I just have the factory springs that came with the GLI. The GLI's are beefed up from the Jetta's and I haven't changed them :thumbup:


----------



## Kiyokix (Dec 16, 2005)

I thought so, just had to be sure 

You looked good out there on track! However your next two mods should be... 

1. In car mic lol (wind noise, not horrid though) 
2. In car camera (just for view or #1)

In the end I noticed red on the steering wheel, new wheel? 

Kei


----------



## AirStig (Jul 15, 2013)

Yup I have a different wheel with red accents on the sides and bottom! I wanted to put the camera in car but couldn't figure out a good place to mount it. Hard to do without a roll cage right in the middle...


----------



## AirStig (Jul 15, 2013)

I will admit it is a very cool feeling overtaking a Porsche in a VW... :wave:


----------



## Kiyokix (Dec 16, 2005)

Put those Beetles in there PLACE! :laugh:

Kei


----------



## glifahrenheitcameron (Sep 14, 2011)

kewl


----------



## baun (Jun 6, 2005)

AirStig said:


> There is more to a VW than stance and being a parking lot queen.

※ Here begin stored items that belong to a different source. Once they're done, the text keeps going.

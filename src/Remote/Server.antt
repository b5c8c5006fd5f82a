-- ===== src/Remote/Server.antt =====
-- The server's answer to a request for blocks: `requestBlockFromFile` of src/server/Server.cpp and
-- `transferBlk` of src/server/ServeFile.cpp, over a connection.
use tazer.Base.{
  ℕ, zero, suc, ◌+◌, ◌-◌, Bool, true, false, not, ◌&&◌, if◌then◌else◌, ◌==◌, ltb, List, [], ◌++◌,
  length, Option, none, some,
}
use tazer.Message.Bytes.{Buffer, put_bytes}
use tazer.Message.Layout.{get_msg_type, type_code, req_blk_msg}
use tazer.Message.Parse.{parse_request_blk}
use tazer.Message.Transfer.{Connection, block_packet, server_send_close_new}

-- A `ServeFile`. `block` is the data of a block as the server's caches give it, compressed where the
-- file is.
pub record ServeFile : Type 0 where
  pub name : List ℕ
  pub comp_level : ℕ
  pub num_blks : ℕ
  pub output : Bool
  pub block : ℕ → List ℕ

module _ {S : Type 0} (conn : Connection S) (junk : Buffer) where
  -- `transferBlk`.
  unfoldable pub transfer_blk : ServeFile → S → ℕ → S × Bool
  transfer_blk f s blk =
      let bytes = f.block blk in
      let packet = block_packet junk f.name f.comp_level blk (length bytes) in
      if not f.output && ltb blk f.num_blks
      then server_send_close_new conn s packet f.name bytes
      else (s, false)

  -- The loop of `requestBlockFromFile` from block `i` on, with `n` blocks left. The `unsigned` counter
  -- of the code wraps only behind block 2^32 - 1, which a file of fewer than 2^32 blocks does not have:
  -- `transferBlk` fails there and ends the loop.
  unfoldable pub transfer_blks : ServeFile → S → ℕ → ℕ → S
  unfolding transfer_blk
  transfer_blks f s i zero = s
  transfer_blks f s i (suc n) =
      let r = transfer_blk f s i in
      let rest = transfer_blks f r.0 (i + 1) n in if r.1 then rest else r.0

  -- The two branches on what `getServeFile` finds.
  abbrev pub transfer_from : Option ServeFile → S → ℕ → ℕ → S
  transfer_from none s start end = s
  transfer_from (some f) s start end = transfer_blks f s start (end + 1 - start)

  -- `requestBlockFromFile`.
  unfoldable pub request_block_from_file : (List ℕ → Option ServeFile) → S → Buffer → ℕ → S
  unfolding transfer_blks parse_request_blk
  request_block_from_file files s buff received =
      let r = parse_request_blk buff received in transfer_from (files r.name) s r.start r.end

  -- The case REQ_BLK_MSG of `pollConnection`, for the bytes of one message.
  unfoldable pub poll_request : (List ℕ → Option ServeFile) → S → List ℕ → S
  unfolding request_block_from_file
  poll_request files s xs =
      let buff = put_bytes junk 0 xs in
      if get_msg_type buff == type_code req_blk_msg
      then request_block_from_file files s buff (length xs)
      else s

-- The server's end of a connection that takes all bytes that are sent.
abbrev pub wire : Connection (List ℕ)
wire = record {
  send_msg = λ q xs. (q ++ xs, some (length xs));
  recv_msg = λ q n. (q, record { bytes = []; failed = true });
  restart_socket = λ q. (q, true);
  close_socket = λ q. q;
}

I wish there were more of us.:beer:

Pretty bummed I couldn't make it to that event, just couldnt afford it this year. My buddy was there in that blue Stage 3+ Golf R. You should try to make it out to Nelson's Ledges road course next season. Its about 45 minutes from Cleveland. Not as nice as Mid Ohio but its a lot cheaper and actually is a pretty fun course. Always makes me happy when I see another VW actually being driven hard:thumbup: Like you said, its usually a see of Porsches but they dont always know how to drive em

From my last track day this season at Nelsons just to give you an idea of the track.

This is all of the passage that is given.